Write out exactly the lines below that run from the one containing "pub version : List ℕ" through the one containing "gvk_to_string g = g.kind", both included, with no other lines.
*** Record excerpts ***
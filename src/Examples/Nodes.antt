-- ===== src/Examples/Nodes.antt =====
-- Nodes, and what is detected of them.
use cluster_registry_control.Common.{◌≡◌, refl, false, some, [], ◌∷◌, ok, get}
use cluster_registry_control.Api.Cluster.{ClusterMetadata}
use cluster_registry_control.ClusterMeta.{Node, Env, detect_provider, iks_label}
use cluster_registry_control.ClusterMeta.Detection.{detect_provider_lem, openshift_on_amazon}
use cluster_registry_control.ClusterMeta.Metadata.{get_cluster_metadata, describe_nodes}

abbrev openshift_node : Node
openshift_node = record {
  labels = ("node.openshift.io/os_id", "rhcos") ∷ ("region", "eu") ∷ [];
  annotations = [];
  provider_id = "aws:///zone/i-1";
  kube_proxy_version = "v1";
  kubelet_version = "v2";
}

abbrev amazon_env : Env
amazon_env = record {
  list_nodes = some (openshift_node ∷ []);
  parse_scheme = λ id. some "aws";
  region_label = "region";
  zone_label = "zone";
  is_done = false;
}

-- A node of Cisco has the label of IKS and an id of vSphere.
abbrev cisco_node : Node
cisco_node = record openshift_node {
  labels = (iks_label, "pool") ∷ [];
  provider_id = "vsphere://1";
}

abbrev vsphere_env : Env
vsphere_env = record amazon_env { parse_scheme = λ id. some "vsphere" }

detect_provider_example : detect_provider vsphere_env (some cisco_node) ≡ ok "cisco"
unfolding get
detect_provider_example = detect_provider_lem vsphere_env refl cisco_node

abbrev amazon_metadata : ClusterMetadata
amazon_metadata = describe_nodes amazon_env "amazon" "OPENSHIFT" (openshift_node ∷ [])

metadata_is_found : get_cluster_metadata amazon_env ≡ ok amazon_metadata
unfolding get_cluster_metadata get
metadata_is_found =
    let provider : detect_provider amazon_env (some openshift_node) ≡ ok "amazon" =
      detect_provider_lem amazon_env refl openshift_node in
    rw (provider, openshift_on_amazon amazon_env refl openshift_node refl refl refl)
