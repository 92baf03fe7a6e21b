-- ===== src/Util/Gvk.antt =====
-- pkg/util/resources.go: kinds as texts, which are lists of code points here.
use cluster_registry_control.Common.{
  ℕ, ◌≡◌, refl, ap, inl, inr, Bool, true, not, Option, none, some, List, [], ◌∷◌, ◌++◌, arith,
  nat_beq, if◌then◌else◌, any, Bool-cases, Option-cases,
}

pub record TextGvk : Type 0 where
  pub group : List ℕ
  pub version : List ℕ
  pub kind : List ℕ

abbrev pub dot : ℕ
dot = b'.'

abbrev pub slash : ℕ
slash = b'/'

-- `GVKToString`.
unfoldable pub gvk_to_string : TextGvk → List ℕ
gvk_to_string g = g.kind ++ dot ∷ (g.group ++ slash ∷ g.version)

-- `strings.SplitN(text, sep, 2)` for a separator of one character: the parts before and after the
-- first one, or `none` where there is none and the result has one part.
unfoldable pub split_n2 : ℕ → List ℕ → Option (List ℕ × List ℕ)
split_n2 sep [] = none
split_n2 sep (c ∷ text) =
    let later = split_n2 sep text in
    if nat_beq c sep
    then some ([], text)
    else elim later [ none ↦ none | some (before, after) ↦ some (c ∷ before, after) ]

-- `ParseGVKFromString`.
unfoldable pub parse_gvk_from_string : List ℕ → Option TextGvk
unfolding split_n2
parse_gvk_from_string text = elim (split_n2 dot text) [
  | none ↦ none
  | some (kind, rest) ↦ elim (split_n2 slash rest) [
    | none ↦ none
    | some (group, version) ↦ some (record { group = group; version = version; kind = kind })
  ]
]

-- A text without a character.
abbrev pub is_free_of : ℕ → List ℕ → Bool
is_free_of c text = not (any (λ d. nat_beq d c) text)

split_n2-append :
    (sep : ℕ) (before after : List ℕ)
    → is_free_of sep before ≡ true
    → split_n2 sep (before ++ sep ∷ after) ≡ some (before, after)
unfolding split_n2
split_n2-append sep [] after h = ground arith
split_n2-append sep (c ∷ before) after h = ground (arith, split_n2-append sep before after)

-- Parsing a printed kind gives it back, if its kind has no dot and its group no slash.
pub parse-gvk_to_string :
    (g : TextGvk)
    → is_free_of dot g.kind ≡ true
    → is_free_of slash g.group ≡ true
    → parse_gvk_from_string (gvk_to_string g) ≡ some g
unfolding parse_gvk_from_string gvk_to_string
parse-gvk_to_string g hk hg = ground (
  arith,
  split_n2-append dot g.kind (g.group ++ slash ∷ g.version) hk,
  split_n2-append slash g.group g.version hg,
)

split_n2_sound :
    (sep : ℕ) (text before after : List ℕ)
    → split_n2 sep text ≡ some (before, after)
    → (text ≡ before ++ sep ∷ after) × (is_free_of sep before ≡ true)
unfolding split_n2
split_n2_sound sep [] before after h = absurd (ground arith)
split_n2_sound sep (c ∷ text) before after h = elim (Bool-cases (nat_beq c sep)) [
  | inl e ↦ ground arith
  | inr e ↦ elim (Option-cases (split_n2 sep text)) [
    | inl q ↦ absurd (ground arith)
    | inr ((b, a), q) ↦
        let (same, free) = split_n2_sound sep text b a q in
        let is_before : before ≡ c ∷ b = ground arith in
        let is_after : after ≡ a = ground arith in
        rw (is_before, is_after) (ap (λ l. c ∷ l) same, ground arith)
  ]
]

-- A text that is parsed is the text of the kind that it gives, and that kind has no dot in its kind
-- and no slash in its group.
pub gvk_to_string-parse :
    (text : List ℕ) (g : TextGvk)
    → parse_gvk_from_string text ≡ some g
    → (gvk_to_string g ≡ text) × (is_free_of dot g.kind ≡ true) × (is_free_of slash g.group ≡ true)
unfolding parse_gvk_from_string gvk_to_string
gvk_to_string-parse text g h = elim (Option-cases (split_n2 dot text)) [
  | inl q ↦ absurd (ground arith)
  | inr ((kind, rest), q) ↦ elim (Option-cases (split_n2 slash rest)) [
    | inl p ↦ absurd (ground arith)
    | inr ((group, version), p) ↦
        let (text_is, kind_free) = split_n2_sound dot text kind rest q in
        let (rest_is, group_free) = split_n2_sound slash rest group version p in
        let g_is : g ≡ record { group = group; version = version; kind = kind } = ground arith in
        rw (g_is, text_is, rest_is) (refl, kind_free, group_free)
  ]
]
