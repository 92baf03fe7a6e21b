-- ===== src/Examples/Registry.antt =====
-- The registry of clusters, and kinds as texts.
use cluster_registry_control.Common.{ℕ, zero, suc, ◌≡◌, refl, [], ◌∷◌, put}
use cluster_registry_control.Examples.Samples.{fresh, busy, codes}
use cluster_registry_control.Clusters.Cluster.{Cluster}
use cluster_registry_control.Clusters.Manager.{
  Manager, before_add, after_add, get_alive_clusters_by_id, add,
}
use cluster_registry_control.Util.Gvk.{TextGvk, gvk_to_string}

abbrev two : ℕ → Cluster
two zero = busy
two (suc h) = record fresh { name = "c2" }

-- The cluster 0 is registered as "c1".
abbrev one_cluster : Manager
one_cluster = record {
  clusters = ("c1", 0) ∷ [];
  on_before_add_funcs = ("a", 1) ∷ [];
  on_before_delete_funcs = [];
  on_after_add_funcs = ("b", 2) ∷ [];
  on_after_delete_funcs = ("d", 3) ∷ [];
  heap = two;
  calls = [];
}

registry_test :
    (get_alive_clusters_by_id (add 1 one_cluster) ≡ ("u1", 0) ∷ [])
    × ((add 1 one_cluster).calls ≡ before_add 1 1 ∷ after_add 2 1 ∷ [])
unfolding get_alive_clusters_by_id add put
registry_test = (refl, refl)

abbrev deployment : TextGvk
deployment = record { group = codes "apps"; version = codes "v1"; kind = codes "Deployment" }

deployment_text : gvk_to_string deployment ≡ codes "Deployment.apps/v1"
unfolding gvk_to_string
deployment_text = refl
*** End of Record excerpts ***
Answer box:
  pub version : List ℕ
  pub kind : List ℕ

abbrev pub dot : ℕ
dot = b'.'

abbrev pub slash : ℕ
slash = b'/'

-- `GVKToString`.
unfoldable pub gvk_to_string : TextGvk → List ℕ
gvk_to_string g = g.kind ++ dot ∷ (g.group ++ slash ∷ g.version)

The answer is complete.